I'll note that this is early policy discussion, but it's also being done in the open, which means that they're trying to find out how acceptable it is. Who "they" is may also be open to question. "They" may have less power to influence policy than they'd like you to think. However, as the WSJ article I quoted says, reversals like this are certainly in character for Obama. If you don't find it acceptable that we're kidnapping people and torturing them, particularly our own citizens, then maybe you should let them know, and sign the AVAAZ petition if you haven't already.


2 comments:

Mary said...

I have those really icky, splotchy blotchy blushes, but thank you for making me look like I might need to be quarantined by the CDC. *g* And you glossed over the lack of proofing and typos and rambling. ;)

That is a wonderful open letter.

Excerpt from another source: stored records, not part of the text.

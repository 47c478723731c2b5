-- ===== src/Payment/Store/Effects.antt =====
-- What a callback does to the payments: when it completes one, and when it changes nothing.
use mathlib.Core.Path.{subst}
use match_mate_dating_web.Base.{
  ℕ, ◌≡◌, refl, sym, Bool, true, false, Option, none, some, [], ◌∷◌, String, arith, eq_iff,
  string_eq, any, any-append, inl, inr, ◌⊎◌, Bool-cases, Option-cases,
}
use match_mate_dating_web.Base.Tables.{find, find-update_row}
use match_mate_dating_web.Base.Text.{trim_space}
use match_mate_dating_web.Base.Result.{ok}
use match_mate_dating_web.Payment.Domain.{
  State, Payment, Notification, is_completed, callback_state,
}
use match_mate_dating_web.Payment.Store.{Db, Callback, has_id, has_order, has_fingerprint}
use match_mate_dating_web.Payment.Store.Callbacks.{
  callback_row, settle_row, settled, changes, matches, next_state, apply_callback, raw_callback,
}
use match_mate_dating_web.Payment.Store.Valid.{IsValid, found-by_id}
use match_mate_dating_web.Payment.Store.Keeps.{
  settle-eq-ok, with_callback, apply_callback-unknown, apply_callback-known, is_known,
}

callback_state-completed : (s : String) → callback_state s ≡ State.completed → trim_space s ≡ "2"
unfolding callback_state
callback_state-completed s h = ground (arith, h, eq_iff (trim_space s) "2")

-- A payment that is completed by the decision of a callback matches it.
next_state-completed :
    (n : Notification) (verification : String) (p : Payment)
    → next_state n verification p ≡ State.completed
    → (verification ≡ "VERIFIED")
      × (n.amount ≡ p.amount)
      × (n.currency ≡ p.currency)
      × (trim_space n.status_code ≡ "2")
next_state-completed n verification p h = elim (Bool-cases (matches n verification p)) [
  | inl fits ↦ (
    ground (arith, fits, eq_iff verification "VERIFIED"),
    ground (arith, fits, eq_iff n.amount p.amount),
    ground (arith, fits, eq_iff n.currency p.currency),
    callback_state-completed n.status_code (ground (arith, fits, h)),
  )
  | inr differs ↦ absurd (ground (arith, differs, h))
]

module _ (sha : String → String) (fault : ℕ → Bool) (ids : ℕ → String) (n : Notification)
    (verification : String) (now : ℕ) (db : Db) (r : (Option Payment × Bool) × Db)
    (h : apply_callback sha fault ids n verification now db ≡ ok r) where
  -- If a callback for a known order succeeds, either the payments, the facts and the audit trail
  -- stay, or the order's payment was pending, the callback decides on a final state, and the tables
  -- are those with the callback recorded and the payment settled.
  apply_callback-cases :
      (p : Payment)
      → find (has_order n.order_id) db.payments ≡ some p
      → ((r.1.payments ≡ db.payments) × (r.1.outbox ≡ db.outbox) × (r.1.audit ≡ db.audit))
        ⊎ ((changes n verification p ≡ true)
            × (r.1
                ≡ settled ids n verification now p (
                    with_callback
                      (callback_row (sha (raw_callback n)) (some p.id) n verification now)
                      db)))
  apply_callback-cases p found =
      elim (apply_callback-known sha fault ids n verification now db r p found h) [
        | inl (_, same) ↦ inl (rw same (refl, refl, refl))
        | inr (_, (s, done, same)) ↦ elim (settle-eq-ok fault ids n verification now p _ s done) [
          | inl (_, stays) ↦ inl (rw (same, stays) (refl, refl, refl))
          | inr (moves, moved) ↦ inr (moves, rw (same, moved) refl)
        ]
      ]

  pub apply_callback-unknown_order :
      find (has_order n.order_id) db.payments ≡ none
      → (r.1.payments ≡ db.payments) × (r.1.outbox ≡ db.outbox) × (r.1.audit ≡ db.audit)
  apply_callback-unknown_order missing =
      elim (Bool-cases (is_known sha fault ids n verification now db)) [
        | inl old ↦
            rw (apply_callback-unknown sha fault ids n verification now db r missing h, old)
              (refl, refl, refl)
        | inr new ↦
            rw (apply_callback-unknown sha fault ids n verification now db r missing h, new)
              (refl, refl, refl)
      ]

  -- A payment that was not completed and is afterwards has been so by a verified callback that
  -- matches it.
  pub apply_callback-completed :
      (p q : Payment)
      → IsValid db
      → find (has_order n.order_id) db.payments ≡ some p
      → is_completed p.state ≡ false
      → find (has_id p.id) r.1.payments ≡ some q
      → q.state ≡ State.completed
      → (verification ≡ "VERIFIED")
        × (n.amount ≡ p.amount)
        × (n.currency ≡ p.currency)
        × (trim_space n.status_code ≡ "2")
  apply_callback-completed p q valid found unpaid found' paid =
      let row = found-by_id db valid (has_order n.order_id) p found in
      elim (apply_callback-cases p found) [
        | inl (same, _, _) ↦
            let at_q : find (has_id p.id) db.payments ≡ some q =
              subst (λ l. find (has_id p.id) l ≡ some q) same found' in
            let p_is_q : p ≡ q = cc in absurd (ground (arith, p_is_q, unpaid, paid))
        | inr (moves, same) ↦
            let updated : find (has_id p.id) r.1.payments
                ≡ some (settle_row (next_state n verification p) n.payment_id now p) =
              subst
                (λ t.
                  find (has_id p.id) t.payments
                  ≡ some (settle_row (next_state n verification p) n.payment_id now p))
                (sym same)
                (find-update_row (has_id p.id)
                  (settle_row (next_state n verification p) n.payment_id now) db.payments p row
                  (ground (arith, eq_iff p.id p.id))) in
            let q_is : settle_row (next_state n verification p) n.payment_id now p ≡ q = cc in
            next_state-completed n verification p
              (subst (λ t. t.state ≡ State.completed) (sym q_is) paid)
      ]

  abbrev Seen : Db → Type 0
  Seen t = any (has_fingerprint (sha (raw_callback n))) t.callbacks ≡ true

  recorded : (c : Callback) → c.fingerprint ≡ sha (raw_callback n) → Seen (with_callback c db)
  recorded c e = ground (
    arith,
    e,
    any-append (has_fingerprint (sha (raw_callback n))) db.callbacks (c ∷ []),
    eq_iff c.fingerprint (sha (raw_callback n)),
  )

  pub apply_callback-seen : any (has_fingerprint (sha (raw_callback n))) r.1.callbacks ≡ true
  apply_callback-seen = elim (Option-cases (find (has_order n.order_id) db.payments)) [
    | inl missing ↦
        let is = apply_callback-unknown sha fault ids n verification now db r missing h in
        elim (Bool-cases (is_known sha fault ids n verification now db)) [
          | inl old ↦ subst (λ t. Seen t.1) (sym is) (rw old old)
          | inr new ↦ subst (λ t. Seen t.1) (sym is) (rw new (recorded _ refl))
        ]
    | inr (p, found) ↦ elim (apply_callback-known sha fault ids n verification now db r p found h) [
      | inl (old, same) ↦ subst (λ t. Seen t.1) (sym same) old
      | inr (_, (s, done, same)) ↦
          subst (λ t. Seen t.1) (sym same)
            (elim (settle-eq-ok fault ids n verification now p _ s done) [
              | inl (_, stays) ↦ subst (λ t. Seen t.1) (sym stays) (recorded _ refl)
              | inr (_, moved) ↦ subst (λ t. Seen t.1) (sym moved) (recorded _ refl)
            ])
    ]
  ]

-- A callback whose fingerprint is on record is answered, and changes nothing.
pub apply_callback-again :
    (sha : String → String) (fault : ℕ → Bool) (ids : ℕ → String) (n : Notification)
    (verification : String) (now : ℕ) (db : Db)
    → any (has_fingerprint (sha (raw_callback n))) db.callbacks ≡ true
    → (fault 0 ≡ false) × (fault 1 ≡ false) × (fault 2 ≡ false) × (fault 3 ≡ false)
    → (a : Option Payment × Bool) × (apply_callback sha fault ids n verification now db
        ≡ ok (a, db))
unfolding apply_callback
apply_callback-again sha fault ids n verification now db old up =
    elim (Option-cases (find (has_order n.order_id) db.payments)) [
      | inl missing ↦ ((none, false), ground (arith, missing, old, up))
      | inr (p, found) ↦ ((some p, true), ground (arith, found, old, up))
    ]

I'd like to have faith that it will be read and processed. It is one of those areas where the suspicions tat there isn't much hope, gets reinforcement, once there's a lock on the position, from stories like this one:
http://online.wsj.com/article/SB122636726473415991.html?mod=googlenews_wsj
INTELLIGENCE POLICY TO STAY LARGELY INTACT

and you have even less hope.

Reading that "President-elect Barack Obama is unlikely to radically overhaul controversial Bush administration intelligence policies, advisers say" and that those include "White House sanctioned [] use of harsh intelligence techniques -- which some consider torture" (apparently not Obama) and that all the kidnap and disappearances of children and abuse is "a very centrist approach" per his advisors, well, it doesn't really make me wave my HOPE sign very hard.

It would be really, really nice to be wrong though.

Cujo359 said...

Hi Mary,

Sorry to have ruined your complexion this morning, but it will be back to normal soon. Even icky and splotchy, it's still good to see you on the Tubez.

This is the sort of thing I was afraid Obama would do, and it was why he was my least favorite candidate among the Democrats. Dodd stood up against the FISA trashing, Kucinich prepared a list of impeachable offenses, and Edwards pushed the "main" candidates as hard as anyone on insurance reform, and the shrinking of the middle class. Those guys showed that they can stand up. Yet they were all less acceptable than this guy - because we really have to get beyond all that anger and partisanship, dontchaknow.

This has been why I was more concerned about electing better Congresspeople. The only thing that will make Obama do the right thing is if it's also the only practical option left.

Unfortunately, we're stuck with this, so I guess we'll have to figure out how to deal with it.